Life After New College: Teaching and Traveling in Spain
Talk about a transition year! Many New College graduates apply and are accepted into English language teaching programs run by the ministries of Spain, France and Japan. In fact, 25 graduating seniors since 2000 have taught and traveled abroad under these prestigious government grants. Typically lasting eight months, these teaching assistantships never fail to inspire our alums when they return home to pursue either graduate school or career paths. Many say it is a life-changing experience.
This year, two May 2012 graduates packed up for France, and two for Spain. Heading to the Iberian Peninsula are Kristen Michelle Leahy, an anthropology major from Ft. Lauderdale, Fla., who will teach in the region of Andalucia, and Rebecca Ryan Keenan, an economics graduate from Pelham, New York, who has been assigned to a secondary school in Cartagena, Spain. The women are two of only 2,000 American and Canadian participants selected to teach English and North American culture in Spanish public K-12 schools.

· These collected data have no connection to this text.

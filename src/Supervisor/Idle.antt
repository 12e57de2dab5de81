-- ===== src/Supervisor/Idle.antt =====
-- Components that did not start when `main` began.
use bbjsensescada.Common.{
  ◌≡◌, refl, ap, ◌∙◌, Bool, true, false, List, [], ◌∷◌, ◌++◌, Option, none, some, if◌then◌else◌, ℕ,
  arith, map,
}
use bbjsensescada.Supervisor.{
  Component, Phase, starting, waiting, checking, stopped, crashed, Manager, Answers,
  check_component, turn, stop_handler, Step, take_turn, stop_signal, run, rewound, loop_turn,
  turn_in, signal_in, phase_after, start_process,
}
use bbjsensescada.Python.{Error}
use bbjsensescada.Supervisor.Custody.{all_of}

abbrev has_process : Option ℕ → Bool
has_process none = false
has_process (some p) = true

-- Which of the components have a process, in their order.
abbrev pub with_process : Manager → List Bool
with_process g = map (λ (c : Component). has_process c.process) (all_of g)

abbrev pub is_starting : Phase → Bool
is_starting starting = true
is_starting _ = false

map_moved :
    (f : Component → Bool) (cs later : List Component) (c d : Component)
    → f d ≡ f c
    → map f ((cs ++ d ∷ []) ++ later) ≡ map f (cs ++ c ∷ later)
map_moved f [] later c d h = rw h refl
map_moved f (x ∷ cs) later c d h = ap (λ ys. f x ∷ ys) (map_moved f cs later c d h)

check_component-same :
    (A : Answers) (n : ℕ) (c : Component)
    → has_process (check_component A n c).component.process ≡ has_process c.process
unfolding check_component start_process
check_component-same A n c = ground arith

-- `main` has left its first loop, and the processes are with the same components as before.
record IsSame (flags : List Bool) (g : Manager) : Type 0 where
  past : is_starting g.phase ≡ false
  same : with_process g ≡ flags

crash_is_past :
    (f : Phase) (o : Option Error) → is_starting f ≡ false → is_starting (phase_after f o) ≡ false
crash_is_past f none h = h
crash_is_past f (some e) h = refl

check_turn-IsSame :
    (A : Answers) (flags : List Bool) (cs : List Component) (g : Manager)
    → g.ahead ≡ cs
    → IsSame flags g
    → IsSame flags (loop_turn (check_component A g.next_process) cs g)
check_turn-IsSame A flags [] g here k = record { past = refl; same = k.same }
check_turn-IsSame A flags (c ∷ later) g here k = record {
  past = crash_is_past g.phase (check_component A g.next_process c).raised k.past;
  same =
      map_moved (λ (d : Component). has_process d.process) g.passed later c
        (check_component A g.next_process c).component (check_component-same A g.next_process c)
      ∙ rw here at k.same;
}

woken-IsSame :
    (flags : List Bool) (on : Bool) (g : Manager)
    → IsSame flags g
    → IsSame flags (if on then rewound checking g else record g { phase = stopped })
woken-IsSame flags true g k = record { past = refl; same = k.same }
woken-IsSame flags false g k = record { past = refl; same = k.same }

turn_in-IsSame :
    (A : Answers) (flags : List Bool) (f : Phase) (g : Manager)
    → g.phase ≡ f
    → IsSame flags g
    → IsSame flags (turn_in f A g)
turn_in-IsSame A flags starting g e k = let bad = rw e at k.past in cc
turn_in-IsSame A flags checking g e k = check_turn-IsSame A flags g.ahead g refl k
turn_in-IsSame A flags waiting g e k = woken-IsSame flags g.running g k
turn_in-IsSame A flags stopped g e k = k
turn_in-IsSame A flags (crashed x) g e k = k

signal_in-IsSame :
    (flags : List Bool) (f : Phase) (g : Manager) → IsSame flags g → IsSame flags (signal_in f g)
signal_in-IsSame flags starting g k = record { past = k.past; same = k.same }
signal_in-IsSame flags waiting g k = record { past = k.past; same = k.same }
signal_in-IsSame flags checking g k = record { past = k.past; same = k.same }
signal_in-IsSame flags stopped g k = k
signal_in-IsSame flags (crashed e) g k = k

run-IsSame :
    (flags : List Bool) (xs : List Step) (g : Manager) → IsSame flags g → IsSame flags (run xs g)
unfolding turn stop_handler
run-IsSame flags [] g k = k
run-IsSame flags (take_turn A ∷ xs) g k =
    run-IsSame flags xs (turn A g) (turn_in-IsSame A flags g.phase g refl k)
run-IsSame flags (stop_signal ∷ xs) g k =
    run-IsSame flags xs (stop_handler g) (signal_in-IsSame flags g.phase g k)

-- Once `main` has left its first loop, the components that have a process are the same ones for ever:
-- one whose script was missing then is never started, however often the watchdog looks, and one that
-- has started is never given up.
pub run-with_process :
    (xs : List Step) (g : Manager)
    → is_starting g.phase ≡ false
    → with_process (run xs g) ≡ with_process g
run-with_process xs g past =
    (run-IsSame (with_process g) xs g (record { past = past; same = refl })).same
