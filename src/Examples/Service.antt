-- ===== src/Examples/Service.antt =====
-- The supervisor.
use bbjsensescada.Common.{nat_eq}
use bbjsensescada.Common.{◌≡◌, refl, true, false, ◌||◌, List, [], ◌∷◌, none, some, map}
use bbjsensescada.Common.Int.{pos}
use bbjsensescada.Supervisor.{
  Answers, Step, take_turn, run, launch, turn, stop_handler, component, Component,
}
use bbjsensescada.Supervisor.Custody.{any, is_exited, is_terminated, holds, all_of, run-Custody}
use bbjsensescada.Supervisor.Shutdown.{run-accounted}
use bbjsensescada.Supervisor.Orphans.{IsOrphan, run-orphans}
use bbjsensescada.Supervisor.Idle.{with_process, run-with_process}

abbrev fine : Answers
fine = record { script_exists = true; popen_error = none; exit_code = none }

abbrev dead : Answers
dead = record { script_exists = true; popen_error = none; exit_code = some (pos 1) }

abbrev script_missing : Answers
script_missing = record { script_exists = false; popen_error = none; exit_code = none }

-- Both processes start and `main` goes to sleep.
abbrev start_up : List Step
start_up = take_turn fine ∷ take_turn fine ∷ take_turn fine ∷ []

-- The poller has died, and the watchdog has started it again.
abbrev one_restart : List Step
one_restart =
    take_turn fine ∷ take_turn fine ∷ take_turn fine ∷ take_turn fine ∷ take_turn dead ∷ []

run-Custody_example :
    (any (holds 0) (all_of (run one_restart launch))
      || any (is_exited 0) (run one_restart launch).trace)
    ≡ true
unfolding turn nat_eq
run-Custody_example = run-Custody one_restart 0 refl

run-accounted_example :
    (any (is_terminated 1) (run (take_turn fine ∷ []) (stop_handler (run start_up launch))).trace
      || any (is_exited 1) (run (take_turn fine ∷ []) (stop_handler (run start_up launch))).trace)
    ≡ true
unfolding turn stop_handler nat_eq
run-accounted_example = run-accounted start_up (take_turn fine ∷ []) 1 refl refl

-- The poller of `start_up` as the check meets it.
abbrev poller : Component
poller = record (component "Telemetry Poller" "dynamic_modbus_poller.py") { process = some 0 }

abbrev reporter : Component
reporter = record (component "Health Reporter" "gateway_health_reporter.py") { process = some 1 }

abbrev in_check : List Step
in_check = take_turn fine ∷ take_turn fine ∷ take_turn fine ∷ take_turn fine ∷ []

run-orphans_example :
    (any (is_terminated 0) (stop_handler (run in_check launch)).trace ≡ true)
    × IsOrphan 2 (
        run
          (map take_turn (dead ∷ fine ∷ fine ∷ []))
          (turn dead (stop_handler (run in_check launch))))
unfolding turn
run-orphans_example =
    run-orphans in_check dead (dead ∷ fine ∷ fine ∷ []) poller (reporter ∷ []) 0 (pos 1) refl refl
      refl refl refl refl

-- The reporter's script was missing when `main` began.
abbrev half_started : List Step
half_started = take_turn fine ∷ take_turn script_missing ∷ take_turn fine ∷ []

run-with_process_example :
    with_process (run one_restart (run half_started launch)) ≡ true ∷ false ∷ []
unfolding turn
run-with_process_example = run-with_process one_restart (run half_started launch) refl
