-- ===== src/Upload/Steps.antt =====
-- `flush_pending_batch`, one transaction of the database at a time: the lock is free between two
-- marks and while the request is under way, so other threads use the table in between.
use bbjsensescada.Common.{List, [], ◌∷◌, ◌++◌, String}
use bbjsensescada.Python.{Result, ok, err, request_error}
use bbjsensescada.Python.Value.{Value}
use bbjsensescada.Queue.{Table, Message, get_pending_messages, mark_message_failed}
use bbjsensescada.Upload.Defs.{
  Cloud, Class, valid, invalid, raises, classify, Batch, Pair, items_of, rejected_pairs,
  is_rejected, mark_one, batch_flush_size,
}

-- Where a round is: the messages that are still to be classified and the batch so far, the batch that
-- is to be posted, or the part of it that is still to be marked.
pub data Round : Type 0 where
  resting : Round
  collecting : List Message → Batch → Round
  marking : List Pair → Batch → Round
  unsending : String → Batch → Round

abbrev pub At : Type 0
At = Table × Round

abbrev pub on_class : Cloud → String → List Message → Batch → Table → Class → At
on_class C m ms vs t (valid i) = (t, collecting ms (vs ++ (m, i) ∷ []))
on_class C m ms vs t (invalid e) = (mark_message_failed (C.clock m) m e t, collecting ms vs)
on_class C m ms vs t (raises e) = (t, resting)

abbrev pub on_pairs : Batch → Result (List Pair) → Round
on_pairs vs (ok pairs) = marking pairs vs
on_pairs vs (err e) = resting

abbrev pub on_reply : Batch → Result Value → Round
on_reply vs (ok result) = on_pairs vs (rejected_pairs result)
on_reply vs (err (request_error s)) = unsending s vs
on_reply vs (err e) = resting

-- The next thing that the round does.
unfoldable pub round_step : Cloud → At → At
unfolding classify rejected_pairs get_pending_messages
round_step C (t, resting) = (t, collecting (get_pending_messages C.json batch_flush_size t) [])
round_step C (t, collecting (m ∷ ms) vs) =
    on_class C m.row.message_id ms vs t (classify C.arithmetic C.repr m.payload)
round_step C (t, collecting [] []) = (t, resting)
round_step C (t, collecting [] (v ∷ vs)) = (t, on_reply (v ∷ vs) (C.post (items_of (v ∷ vs))))
round_step C (t, marking pairs []) = (t, resting)
round_step C (t, marking pairs ((m, i) ∷ vs)) =
    (mark_one C m (is_rejected pairs i) t, marking pairs vs)
round_step C (t, unsending error []) = (t, resting)
round_step C (t, unsending error ((m, i) ∷ vs)) =
    (mark_message_failed (C.clock m) m error t, unsending error vs)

Michelle Leahy has traveled to Mexico (twice, most recently to conduct thesis research on natural dye use in Mayan textile cooperatives) and Ireland, and has lived in Alaska, California, Idaho and Florida. She is counting on her experience integrating into new environments to make her “the perfect cultural assistant” in Spain.
“Living in many places has taught me to be self-reliant and not to make assumptions about the culture with which I am engaging,” says Leahy. “I can provide a unique perspective on American life and styles, and will put this knowledge to good use in the classroom.” She plans on asking her friends to write postcards and letters from different states to the classroom, or individual students, in Spain. “After the children receive a letter of correspondence, I’ll ask them to find the location on a map, as a fun way to teach geography,” she explains.
Leahy has worked with various learning styles, and knows how to accommodate people of various cultural backgrounds. “My experience in libraries and in creating exhibits has given me the skills to present information for different audiences and groups, and encourage interest in active learning,” she notes. She also worked in a Montessori preschool, where many of the children did not speak English as a first language. “I have a knack for understanding non-verbal communication, especially with young children,” she says.
Long-term, Leahy is interested in working in a museum environment, where she plans to put her anthropology studies, diverse cultural experiences and library skills to good use as a curator.
While in Spain, Rebecca Ryan Keenan hopes to be an ambassador for her country and build connections between her students and the United States. Keenan says that while she has been taking Spanish language courses since high school and studied abroad in Barcelona during the fall of her third year, she is most excited to gain true "full" fluency.
“When I feel immersed in the culture and capable of taking on a third language (aspiring French-speaker), I will consider myself a fluent Spanish speaker,” she says.
Keenan’s love of learning and sharing knowledge encouraged her to earn a certification in English Second Language tutoring from the Literacy Council of Sarasota. While at New College, she was a Language Resource Center assistant in the library, a writer for the New College newspaper, Catalyst, and founder of the Spanish club. She also tutored foster children through Next Step, a program supported by the 12th Judicial Circuit Court of Florida and served as a resident counselor for the Duke University Talent Identification Program hosted by New College.
Keenan believes that New College prepared her well for her year in Spain.
“My economics thesis, which required continuous research and edits, honed my ability to write, think and observe carefully, and to try and arrive at questions that helped my thesis dive deeper,” she states. “Furthermore, the eclectic culture at New College provided an atmosphere that constantly challenged me to critically analyze my thoughts and opinions in areas of research outside of my field. This exposed me to other topics of interest that I might not have discussed or read about otherwise.”
Keenan is interested in the fields of marketing, sales and journalism, and plans to attend graduate school in the next three years. She hopes one day to work for National Public Radio (NPR). “I love their news coverage and original program ideas,” she says.